§ Problem details: Using the data that follows, return exactly the lines from the one that contains "div_mod_pow k v" through the one that contains "let high = v / 2 ^ s in", ends included.

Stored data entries
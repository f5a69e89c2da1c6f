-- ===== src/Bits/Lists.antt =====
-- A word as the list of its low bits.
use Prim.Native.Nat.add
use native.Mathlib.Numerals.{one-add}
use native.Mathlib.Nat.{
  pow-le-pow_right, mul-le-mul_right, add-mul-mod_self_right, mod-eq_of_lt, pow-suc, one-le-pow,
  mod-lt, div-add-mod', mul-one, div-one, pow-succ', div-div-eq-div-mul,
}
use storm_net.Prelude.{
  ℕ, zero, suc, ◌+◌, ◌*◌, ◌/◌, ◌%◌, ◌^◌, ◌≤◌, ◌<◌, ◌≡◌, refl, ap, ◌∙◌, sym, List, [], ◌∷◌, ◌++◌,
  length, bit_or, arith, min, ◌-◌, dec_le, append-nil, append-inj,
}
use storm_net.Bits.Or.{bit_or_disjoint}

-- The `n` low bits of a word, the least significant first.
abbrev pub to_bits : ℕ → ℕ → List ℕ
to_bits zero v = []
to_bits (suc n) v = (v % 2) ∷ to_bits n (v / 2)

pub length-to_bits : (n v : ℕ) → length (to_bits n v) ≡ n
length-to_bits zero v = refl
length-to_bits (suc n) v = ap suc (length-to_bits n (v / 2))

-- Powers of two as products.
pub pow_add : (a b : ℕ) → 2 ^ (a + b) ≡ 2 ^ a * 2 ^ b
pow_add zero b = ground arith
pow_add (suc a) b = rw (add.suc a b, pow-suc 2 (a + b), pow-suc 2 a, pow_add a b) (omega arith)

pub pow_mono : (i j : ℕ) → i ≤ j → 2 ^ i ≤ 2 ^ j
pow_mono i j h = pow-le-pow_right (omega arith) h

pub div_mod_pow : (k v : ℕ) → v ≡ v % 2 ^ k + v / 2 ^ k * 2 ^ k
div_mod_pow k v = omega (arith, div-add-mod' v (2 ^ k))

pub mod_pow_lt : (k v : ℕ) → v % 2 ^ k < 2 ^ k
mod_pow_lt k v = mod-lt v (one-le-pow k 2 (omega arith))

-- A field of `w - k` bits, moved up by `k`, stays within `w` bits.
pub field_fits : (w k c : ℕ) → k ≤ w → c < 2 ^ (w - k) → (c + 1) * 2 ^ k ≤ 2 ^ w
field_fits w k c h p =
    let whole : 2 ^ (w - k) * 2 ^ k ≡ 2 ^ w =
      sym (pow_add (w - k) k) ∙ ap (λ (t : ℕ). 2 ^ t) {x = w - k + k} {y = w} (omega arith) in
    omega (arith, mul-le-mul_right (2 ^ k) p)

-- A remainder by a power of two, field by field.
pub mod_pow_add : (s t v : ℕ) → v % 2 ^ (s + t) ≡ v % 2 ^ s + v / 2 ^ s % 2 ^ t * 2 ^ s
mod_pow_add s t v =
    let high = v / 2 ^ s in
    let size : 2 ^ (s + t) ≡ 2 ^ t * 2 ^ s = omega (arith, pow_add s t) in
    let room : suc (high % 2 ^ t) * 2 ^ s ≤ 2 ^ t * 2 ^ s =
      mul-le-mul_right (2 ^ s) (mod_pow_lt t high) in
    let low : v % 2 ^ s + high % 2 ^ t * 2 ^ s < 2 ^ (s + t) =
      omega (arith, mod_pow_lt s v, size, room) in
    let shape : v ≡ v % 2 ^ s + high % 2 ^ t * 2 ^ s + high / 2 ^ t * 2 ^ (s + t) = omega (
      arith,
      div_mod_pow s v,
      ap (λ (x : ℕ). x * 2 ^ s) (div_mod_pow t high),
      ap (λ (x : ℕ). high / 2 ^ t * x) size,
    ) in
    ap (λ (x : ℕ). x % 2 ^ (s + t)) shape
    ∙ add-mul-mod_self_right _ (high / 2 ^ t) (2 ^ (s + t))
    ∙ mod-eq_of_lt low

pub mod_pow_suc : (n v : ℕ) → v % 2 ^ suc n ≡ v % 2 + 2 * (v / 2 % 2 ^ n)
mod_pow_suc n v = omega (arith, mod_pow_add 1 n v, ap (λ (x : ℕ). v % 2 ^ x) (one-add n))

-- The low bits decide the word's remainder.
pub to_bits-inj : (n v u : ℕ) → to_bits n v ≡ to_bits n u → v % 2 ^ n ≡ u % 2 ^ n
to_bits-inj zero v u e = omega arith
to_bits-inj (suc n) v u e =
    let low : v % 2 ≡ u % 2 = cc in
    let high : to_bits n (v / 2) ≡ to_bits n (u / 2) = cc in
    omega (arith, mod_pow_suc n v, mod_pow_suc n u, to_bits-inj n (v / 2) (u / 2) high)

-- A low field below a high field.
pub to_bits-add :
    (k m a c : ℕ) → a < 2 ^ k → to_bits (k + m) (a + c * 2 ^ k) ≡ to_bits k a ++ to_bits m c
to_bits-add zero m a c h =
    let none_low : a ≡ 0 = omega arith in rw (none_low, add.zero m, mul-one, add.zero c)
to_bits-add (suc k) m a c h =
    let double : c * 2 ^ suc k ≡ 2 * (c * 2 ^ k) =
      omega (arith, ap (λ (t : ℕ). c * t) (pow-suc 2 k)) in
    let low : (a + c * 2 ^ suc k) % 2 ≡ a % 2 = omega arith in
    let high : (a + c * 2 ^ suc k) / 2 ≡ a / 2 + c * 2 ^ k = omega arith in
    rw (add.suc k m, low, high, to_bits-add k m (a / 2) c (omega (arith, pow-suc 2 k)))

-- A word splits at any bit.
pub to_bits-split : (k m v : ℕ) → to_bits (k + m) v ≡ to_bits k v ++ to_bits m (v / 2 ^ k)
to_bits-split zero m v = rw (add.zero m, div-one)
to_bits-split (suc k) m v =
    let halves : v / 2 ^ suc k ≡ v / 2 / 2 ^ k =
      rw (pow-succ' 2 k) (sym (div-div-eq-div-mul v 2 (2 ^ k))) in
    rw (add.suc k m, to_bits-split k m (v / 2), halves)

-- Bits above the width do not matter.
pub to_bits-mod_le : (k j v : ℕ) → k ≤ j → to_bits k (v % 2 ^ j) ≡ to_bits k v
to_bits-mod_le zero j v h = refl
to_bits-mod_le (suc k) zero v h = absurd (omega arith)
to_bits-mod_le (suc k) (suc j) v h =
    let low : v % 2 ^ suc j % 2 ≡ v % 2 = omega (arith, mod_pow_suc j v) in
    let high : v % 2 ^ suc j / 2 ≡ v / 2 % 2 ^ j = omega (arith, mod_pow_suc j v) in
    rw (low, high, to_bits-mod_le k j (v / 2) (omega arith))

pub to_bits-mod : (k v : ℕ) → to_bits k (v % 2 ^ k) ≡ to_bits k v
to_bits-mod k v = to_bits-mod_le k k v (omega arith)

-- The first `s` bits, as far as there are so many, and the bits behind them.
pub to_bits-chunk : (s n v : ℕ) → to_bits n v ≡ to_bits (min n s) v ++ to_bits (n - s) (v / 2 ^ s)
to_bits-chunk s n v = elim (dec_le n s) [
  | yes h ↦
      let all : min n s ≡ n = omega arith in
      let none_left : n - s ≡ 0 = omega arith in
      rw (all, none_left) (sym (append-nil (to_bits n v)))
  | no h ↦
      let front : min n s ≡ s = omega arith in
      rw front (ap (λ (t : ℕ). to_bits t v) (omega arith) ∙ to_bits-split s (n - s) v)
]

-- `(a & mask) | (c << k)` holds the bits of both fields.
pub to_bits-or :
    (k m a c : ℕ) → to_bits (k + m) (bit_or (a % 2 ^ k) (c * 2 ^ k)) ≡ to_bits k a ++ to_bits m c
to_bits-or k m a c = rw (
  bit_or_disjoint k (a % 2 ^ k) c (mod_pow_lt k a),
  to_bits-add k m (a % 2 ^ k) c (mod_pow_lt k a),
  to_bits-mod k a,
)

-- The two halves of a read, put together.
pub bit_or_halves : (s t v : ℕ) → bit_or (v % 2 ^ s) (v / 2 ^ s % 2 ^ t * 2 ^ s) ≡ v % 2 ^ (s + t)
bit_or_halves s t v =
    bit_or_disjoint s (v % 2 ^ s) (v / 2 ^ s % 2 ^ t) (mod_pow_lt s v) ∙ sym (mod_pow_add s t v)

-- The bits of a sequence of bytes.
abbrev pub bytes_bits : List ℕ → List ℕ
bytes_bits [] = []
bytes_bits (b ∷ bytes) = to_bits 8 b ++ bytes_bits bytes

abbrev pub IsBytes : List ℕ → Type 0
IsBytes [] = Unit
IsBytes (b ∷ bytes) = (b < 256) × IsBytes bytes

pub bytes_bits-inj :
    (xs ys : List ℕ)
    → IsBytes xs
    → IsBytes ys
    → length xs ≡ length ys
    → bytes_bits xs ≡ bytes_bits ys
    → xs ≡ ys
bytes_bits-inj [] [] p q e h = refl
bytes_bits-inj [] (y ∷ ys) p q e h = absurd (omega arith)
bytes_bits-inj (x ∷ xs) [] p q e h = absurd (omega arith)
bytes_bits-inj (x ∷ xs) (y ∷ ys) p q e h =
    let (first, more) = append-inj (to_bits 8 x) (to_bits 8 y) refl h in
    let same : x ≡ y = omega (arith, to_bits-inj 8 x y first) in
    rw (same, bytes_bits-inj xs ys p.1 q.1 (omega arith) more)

§ Final answer:
div_mod_pow k v = omega (arith, div-add-mod' v (2 ^ k))

pub mod_pow_lt : (k v : ℕ) → v % 2 ^ k < 2 ^ k
mod_pow_lt k v = mod-lt v (one-le-pow k 2 (omega arith))

-- A field of `w - k` bits, moved up by `k`, stays within `w` bits.
pub field_fits : (w k c : ℕ) → k ≤ w → c < 2 ^ (w - k) → (c + 1) * 2 ^ k ≤ 2 ^ w
field_fits w k c h p =
    let whole : 2 ^ (w - k) * 2 ^ k ≡ 2 ^ w =
      sym (pow_add (w - k) k) ∙ ap (λ (t : ℕ). 2 ^ t) {x = w - k + k} {y = w} (omega arith) in
    omega (arith, mul-le-mul_right (2 ^ k) p)

-- A remainder by a power of two, field by field.
pub mod_pow_add : (s t v : ℕ) → v % 2 ^ (s + t) ≡ v % 2 ^ s + v / 2 ^ s % 2 ^ t * 2 ^ s
mod_pow_add s t v =
    let high = v / 2 ^ s in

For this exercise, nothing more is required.